Data for this exercise below:

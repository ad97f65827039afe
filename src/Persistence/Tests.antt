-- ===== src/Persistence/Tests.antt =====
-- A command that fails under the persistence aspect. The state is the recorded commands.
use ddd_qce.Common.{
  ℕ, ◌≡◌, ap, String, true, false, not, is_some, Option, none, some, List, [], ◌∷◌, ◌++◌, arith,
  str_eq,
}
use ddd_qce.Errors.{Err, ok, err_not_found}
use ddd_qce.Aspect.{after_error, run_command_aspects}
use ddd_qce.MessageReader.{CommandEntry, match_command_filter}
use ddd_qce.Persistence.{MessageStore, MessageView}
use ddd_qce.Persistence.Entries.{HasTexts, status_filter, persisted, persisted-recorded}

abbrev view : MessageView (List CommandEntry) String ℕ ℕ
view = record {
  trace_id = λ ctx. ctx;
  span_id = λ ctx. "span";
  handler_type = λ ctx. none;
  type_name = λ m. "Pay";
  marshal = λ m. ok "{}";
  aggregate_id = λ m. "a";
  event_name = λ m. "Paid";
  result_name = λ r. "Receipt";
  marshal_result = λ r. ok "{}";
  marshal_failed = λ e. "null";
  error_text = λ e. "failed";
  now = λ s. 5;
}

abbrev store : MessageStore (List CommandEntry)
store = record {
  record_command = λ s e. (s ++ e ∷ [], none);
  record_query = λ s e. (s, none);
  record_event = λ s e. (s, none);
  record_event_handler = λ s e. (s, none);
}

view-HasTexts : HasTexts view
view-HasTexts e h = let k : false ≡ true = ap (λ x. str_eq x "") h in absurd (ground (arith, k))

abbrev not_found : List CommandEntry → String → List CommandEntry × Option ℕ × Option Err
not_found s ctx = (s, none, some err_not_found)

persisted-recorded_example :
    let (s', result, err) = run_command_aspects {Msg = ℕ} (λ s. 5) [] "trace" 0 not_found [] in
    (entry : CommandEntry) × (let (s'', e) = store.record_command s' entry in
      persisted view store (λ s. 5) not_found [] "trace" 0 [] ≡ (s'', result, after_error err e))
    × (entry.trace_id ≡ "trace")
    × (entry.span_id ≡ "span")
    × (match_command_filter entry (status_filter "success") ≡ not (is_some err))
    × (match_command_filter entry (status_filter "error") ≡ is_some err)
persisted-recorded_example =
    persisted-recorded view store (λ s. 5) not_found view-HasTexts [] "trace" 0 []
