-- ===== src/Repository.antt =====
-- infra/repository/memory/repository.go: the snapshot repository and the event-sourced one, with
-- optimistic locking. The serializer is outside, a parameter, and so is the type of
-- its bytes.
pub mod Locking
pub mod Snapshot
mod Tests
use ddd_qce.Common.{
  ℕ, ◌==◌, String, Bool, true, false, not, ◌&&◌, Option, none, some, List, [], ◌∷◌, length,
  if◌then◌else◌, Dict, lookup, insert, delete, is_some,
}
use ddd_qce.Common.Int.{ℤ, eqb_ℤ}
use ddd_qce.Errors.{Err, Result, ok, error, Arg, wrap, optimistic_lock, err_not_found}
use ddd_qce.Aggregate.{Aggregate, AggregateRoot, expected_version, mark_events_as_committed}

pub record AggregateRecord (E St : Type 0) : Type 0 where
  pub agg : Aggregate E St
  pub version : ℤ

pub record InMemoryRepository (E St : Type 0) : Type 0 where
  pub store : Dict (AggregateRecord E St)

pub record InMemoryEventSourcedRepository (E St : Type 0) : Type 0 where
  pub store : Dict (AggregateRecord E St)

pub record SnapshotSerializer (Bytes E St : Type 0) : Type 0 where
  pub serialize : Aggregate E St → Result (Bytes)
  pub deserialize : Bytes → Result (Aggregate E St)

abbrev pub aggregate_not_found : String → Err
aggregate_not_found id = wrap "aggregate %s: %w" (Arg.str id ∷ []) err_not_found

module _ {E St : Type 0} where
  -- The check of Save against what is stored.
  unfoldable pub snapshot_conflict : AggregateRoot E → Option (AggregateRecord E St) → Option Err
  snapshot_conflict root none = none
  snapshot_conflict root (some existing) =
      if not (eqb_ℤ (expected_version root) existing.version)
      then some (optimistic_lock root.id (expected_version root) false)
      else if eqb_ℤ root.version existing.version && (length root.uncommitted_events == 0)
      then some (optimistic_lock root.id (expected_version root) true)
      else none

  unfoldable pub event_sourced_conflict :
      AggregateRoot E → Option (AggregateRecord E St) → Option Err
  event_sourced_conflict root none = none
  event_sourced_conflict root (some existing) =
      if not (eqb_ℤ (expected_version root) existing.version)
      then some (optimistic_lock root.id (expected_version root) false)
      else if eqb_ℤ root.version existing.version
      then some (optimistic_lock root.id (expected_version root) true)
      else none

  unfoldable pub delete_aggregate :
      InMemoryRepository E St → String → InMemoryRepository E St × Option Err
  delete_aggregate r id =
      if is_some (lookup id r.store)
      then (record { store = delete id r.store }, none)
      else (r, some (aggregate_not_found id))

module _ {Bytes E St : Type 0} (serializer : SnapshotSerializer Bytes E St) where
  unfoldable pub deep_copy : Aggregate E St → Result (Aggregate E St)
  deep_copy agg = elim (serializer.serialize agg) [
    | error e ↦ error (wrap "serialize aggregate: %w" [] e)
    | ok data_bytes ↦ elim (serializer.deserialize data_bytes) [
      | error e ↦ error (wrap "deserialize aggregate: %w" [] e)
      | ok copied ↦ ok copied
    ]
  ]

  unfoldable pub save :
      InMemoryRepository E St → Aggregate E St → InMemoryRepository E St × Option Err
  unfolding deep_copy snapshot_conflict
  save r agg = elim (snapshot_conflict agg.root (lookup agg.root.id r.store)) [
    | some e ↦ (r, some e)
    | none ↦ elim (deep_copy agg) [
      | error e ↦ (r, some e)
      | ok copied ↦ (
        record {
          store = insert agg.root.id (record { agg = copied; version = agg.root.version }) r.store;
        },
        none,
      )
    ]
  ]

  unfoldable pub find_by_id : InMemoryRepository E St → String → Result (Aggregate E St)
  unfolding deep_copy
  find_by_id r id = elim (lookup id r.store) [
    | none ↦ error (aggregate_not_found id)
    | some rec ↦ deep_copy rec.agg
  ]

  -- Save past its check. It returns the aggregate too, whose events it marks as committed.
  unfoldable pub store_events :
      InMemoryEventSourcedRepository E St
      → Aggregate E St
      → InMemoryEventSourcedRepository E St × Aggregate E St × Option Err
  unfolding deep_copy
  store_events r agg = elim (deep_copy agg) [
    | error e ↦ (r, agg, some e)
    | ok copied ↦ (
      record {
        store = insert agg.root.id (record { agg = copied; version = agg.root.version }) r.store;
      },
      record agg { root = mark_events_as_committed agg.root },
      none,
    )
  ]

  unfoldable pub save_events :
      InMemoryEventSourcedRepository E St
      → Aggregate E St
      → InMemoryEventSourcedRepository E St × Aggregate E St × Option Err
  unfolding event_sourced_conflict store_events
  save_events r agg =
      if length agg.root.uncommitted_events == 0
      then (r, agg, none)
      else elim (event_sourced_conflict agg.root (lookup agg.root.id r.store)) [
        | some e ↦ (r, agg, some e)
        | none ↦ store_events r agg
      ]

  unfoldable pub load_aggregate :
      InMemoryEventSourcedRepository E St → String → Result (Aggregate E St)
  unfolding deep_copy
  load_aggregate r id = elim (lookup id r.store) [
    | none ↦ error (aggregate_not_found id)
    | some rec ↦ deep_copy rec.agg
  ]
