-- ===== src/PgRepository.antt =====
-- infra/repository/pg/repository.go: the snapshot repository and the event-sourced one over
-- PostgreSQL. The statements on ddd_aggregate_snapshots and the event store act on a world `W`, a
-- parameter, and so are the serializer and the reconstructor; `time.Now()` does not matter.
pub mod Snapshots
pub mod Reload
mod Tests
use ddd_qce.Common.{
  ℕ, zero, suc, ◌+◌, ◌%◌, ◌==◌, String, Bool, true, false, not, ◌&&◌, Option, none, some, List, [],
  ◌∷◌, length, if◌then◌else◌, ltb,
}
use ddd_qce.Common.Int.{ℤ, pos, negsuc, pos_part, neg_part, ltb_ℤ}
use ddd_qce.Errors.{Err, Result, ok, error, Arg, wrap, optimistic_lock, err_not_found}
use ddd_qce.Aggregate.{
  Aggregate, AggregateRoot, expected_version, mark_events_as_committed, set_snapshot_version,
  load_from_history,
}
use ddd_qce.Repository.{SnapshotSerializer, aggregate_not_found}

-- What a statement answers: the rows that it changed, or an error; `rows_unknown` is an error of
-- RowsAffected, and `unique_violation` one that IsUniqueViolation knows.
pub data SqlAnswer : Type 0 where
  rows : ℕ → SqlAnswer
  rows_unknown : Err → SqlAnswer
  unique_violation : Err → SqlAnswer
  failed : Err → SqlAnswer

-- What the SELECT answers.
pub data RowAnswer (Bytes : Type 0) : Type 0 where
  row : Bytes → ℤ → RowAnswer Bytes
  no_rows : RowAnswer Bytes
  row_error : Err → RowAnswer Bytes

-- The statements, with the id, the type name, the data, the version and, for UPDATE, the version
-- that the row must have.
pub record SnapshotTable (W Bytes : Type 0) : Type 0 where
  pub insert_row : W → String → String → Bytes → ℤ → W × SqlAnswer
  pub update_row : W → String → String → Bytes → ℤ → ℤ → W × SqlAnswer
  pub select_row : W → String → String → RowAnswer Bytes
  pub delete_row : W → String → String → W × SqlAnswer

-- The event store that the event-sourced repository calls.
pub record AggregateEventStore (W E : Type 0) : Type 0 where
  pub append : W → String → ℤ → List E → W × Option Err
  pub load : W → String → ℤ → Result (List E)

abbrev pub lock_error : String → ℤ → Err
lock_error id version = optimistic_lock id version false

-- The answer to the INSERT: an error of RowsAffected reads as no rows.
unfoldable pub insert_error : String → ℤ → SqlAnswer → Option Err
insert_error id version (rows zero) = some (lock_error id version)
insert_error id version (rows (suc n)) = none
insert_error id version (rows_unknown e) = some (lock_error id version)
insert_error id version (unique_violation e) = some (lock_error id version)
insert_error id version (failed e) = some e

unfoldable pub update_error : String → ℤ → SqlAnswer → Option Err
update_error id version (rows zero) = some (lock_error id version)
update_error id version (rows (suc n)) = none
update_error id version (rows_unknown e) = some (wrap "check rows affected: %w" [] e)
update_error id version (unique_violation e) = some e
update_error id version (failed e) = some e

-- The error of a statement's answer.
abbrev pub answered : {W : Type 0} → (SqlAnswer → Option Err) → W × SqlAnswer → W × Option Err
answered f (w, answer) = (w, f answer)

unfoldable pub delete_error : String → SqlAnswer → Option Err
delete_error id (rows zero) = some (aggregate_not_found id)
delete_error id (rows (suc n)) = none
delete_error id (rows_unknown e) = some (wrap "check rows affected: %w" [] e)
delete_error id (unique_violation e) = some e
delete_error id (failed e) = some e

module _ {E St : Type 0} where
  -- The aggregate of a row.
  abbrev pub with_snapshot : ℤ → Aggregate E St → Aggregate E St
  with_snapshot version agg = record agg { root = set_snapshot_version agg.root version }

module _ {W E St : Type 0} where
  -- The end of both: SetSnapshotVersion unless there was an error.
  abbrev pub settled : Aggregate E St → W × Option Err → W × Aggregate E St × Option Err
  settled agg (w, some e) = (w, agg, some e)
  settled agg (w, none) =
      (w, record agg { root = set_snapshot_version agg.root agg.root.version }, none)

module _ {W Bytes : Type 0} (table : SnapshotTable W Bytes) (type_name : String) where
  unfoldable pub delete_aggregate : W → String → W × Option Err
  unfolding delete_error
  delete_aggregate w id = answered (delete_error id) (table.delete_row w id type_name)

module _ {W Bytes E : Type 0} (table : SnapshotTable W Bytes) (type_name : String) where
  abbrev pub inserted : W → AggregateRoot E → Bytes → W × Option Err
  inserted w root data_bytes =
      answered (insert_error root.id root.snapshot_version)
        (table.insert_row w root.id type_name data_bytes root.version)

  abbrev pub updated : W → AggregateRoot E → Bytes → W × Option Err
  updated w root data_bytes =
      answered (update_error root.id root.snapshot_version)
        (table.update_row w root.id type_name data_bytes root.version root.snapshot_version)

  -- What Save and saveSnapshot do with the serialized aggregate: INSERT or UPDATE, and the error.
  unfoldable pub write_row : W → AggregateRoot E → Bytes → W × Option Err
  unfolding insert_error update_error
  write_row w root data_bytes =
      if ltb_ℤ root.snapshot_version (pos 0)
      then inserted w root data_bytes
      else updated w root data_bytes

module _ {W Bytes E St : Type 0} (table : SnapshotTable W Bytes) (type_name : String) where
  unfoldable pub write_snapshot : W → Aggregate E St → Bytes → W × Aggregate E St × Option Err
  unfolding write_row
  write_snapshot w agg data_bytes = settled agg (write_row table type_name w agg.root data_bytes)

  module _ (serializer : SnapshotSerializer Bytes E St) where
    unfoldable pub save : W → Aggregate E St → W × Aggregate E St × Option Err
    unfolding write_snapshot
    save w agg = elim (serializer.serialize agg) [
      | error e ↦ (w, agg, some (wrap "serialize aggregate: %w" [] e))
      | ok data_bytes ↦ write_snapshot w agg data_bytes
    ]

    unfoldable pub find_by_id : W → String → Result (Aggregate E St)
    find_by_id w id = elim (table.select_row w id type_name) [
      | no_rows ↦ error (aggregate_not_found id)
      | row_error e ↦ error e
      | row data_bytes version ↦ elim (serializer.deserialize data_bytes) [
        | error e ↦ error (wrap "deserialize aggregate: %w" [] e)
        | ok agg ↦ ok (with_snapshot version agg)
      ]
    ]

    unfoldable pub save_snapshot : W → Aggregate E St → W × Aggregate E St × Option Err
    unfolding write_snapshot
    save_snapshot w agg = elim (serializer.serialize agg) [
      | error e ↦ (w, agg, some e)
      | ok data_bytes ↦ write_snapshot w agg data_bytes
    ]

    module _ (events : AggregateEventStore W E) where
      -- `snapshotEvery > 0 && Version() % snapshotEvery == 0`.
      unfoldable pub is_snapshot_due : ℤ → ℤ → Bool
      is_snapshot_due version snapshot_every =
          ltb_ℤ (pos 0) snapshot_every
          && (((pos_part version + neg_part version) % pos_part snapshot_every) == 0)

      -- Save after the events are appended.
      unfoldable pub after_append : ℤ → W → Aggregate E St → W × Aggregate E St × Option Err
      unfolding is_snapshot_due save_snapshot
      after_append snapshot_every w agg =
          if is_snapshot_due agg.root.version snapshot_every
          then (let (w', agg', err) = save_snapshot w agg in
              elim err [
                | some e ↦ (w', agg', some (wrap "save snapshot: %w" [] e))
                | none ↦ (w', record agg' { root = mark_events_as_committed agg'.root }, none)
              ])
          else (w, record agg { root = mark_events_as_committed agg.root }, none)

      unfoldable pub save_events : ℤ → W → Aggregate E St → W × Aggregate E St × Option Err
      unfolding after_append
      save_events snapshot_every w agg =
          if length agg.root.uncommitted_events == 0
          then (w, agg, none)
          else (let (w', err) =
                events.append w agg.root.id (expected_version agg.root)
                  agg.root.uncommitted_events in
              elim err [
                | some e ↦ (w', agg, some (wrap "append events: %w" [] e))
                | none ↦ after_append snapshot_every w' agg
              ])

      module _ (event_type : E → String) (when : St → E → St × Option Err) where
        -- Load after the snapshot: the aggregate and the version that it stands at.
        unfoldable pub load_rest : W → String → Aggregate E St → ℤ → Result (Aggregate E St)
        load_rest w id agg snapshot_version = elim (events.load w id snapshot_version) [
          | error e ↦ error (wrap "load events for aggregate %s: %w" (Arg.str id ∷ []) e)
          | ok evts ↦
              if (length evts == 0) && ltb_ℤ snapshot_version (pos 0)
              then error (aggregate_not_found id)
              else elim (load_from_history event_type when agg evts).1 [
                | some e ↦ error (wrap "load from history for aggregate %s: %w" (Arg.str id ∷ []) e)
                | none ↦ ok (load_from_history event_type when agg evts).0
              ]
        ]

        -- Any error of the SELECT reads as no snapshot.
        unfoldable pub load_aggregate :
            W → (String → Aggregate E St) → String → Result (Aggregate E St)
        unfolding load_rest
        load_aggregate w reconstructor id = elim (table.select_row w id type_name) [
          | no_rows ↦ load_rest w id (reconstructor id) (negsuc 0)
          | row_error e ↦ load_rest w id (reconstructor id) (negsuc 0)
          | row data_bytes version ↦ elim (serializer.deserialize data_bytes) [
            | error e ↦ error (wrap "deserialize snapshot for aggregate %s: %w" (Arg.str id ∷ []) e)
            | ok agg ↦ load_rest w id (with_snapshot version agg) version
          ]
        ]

End of Data for this exercise.

Problem to solve:
Copy the lines of the data above exactly as written, beginning with the line containing "store = delete" and ending with the line containing "data_bytes ↦ elim", and leave out all other lines.

Problem solution:
      then (record { store = delete id r.store }, none)
      else (r, some (aggregate_not_found id))

module _ {Bytes E St : Type 0} (serializer : SnapshotSerializer Bytes E St) where
  unfoldable pub deep_copy : Aggregate E St → Result (Aggregate E St)
  deep_copy agg = elim (serializer.serialize agg) [
    | error e ↦ error (wrap "serialize aggregate: %w" [] e)
    | ok data_bytes ↦ elim (serializer.deserialize data_bytes) [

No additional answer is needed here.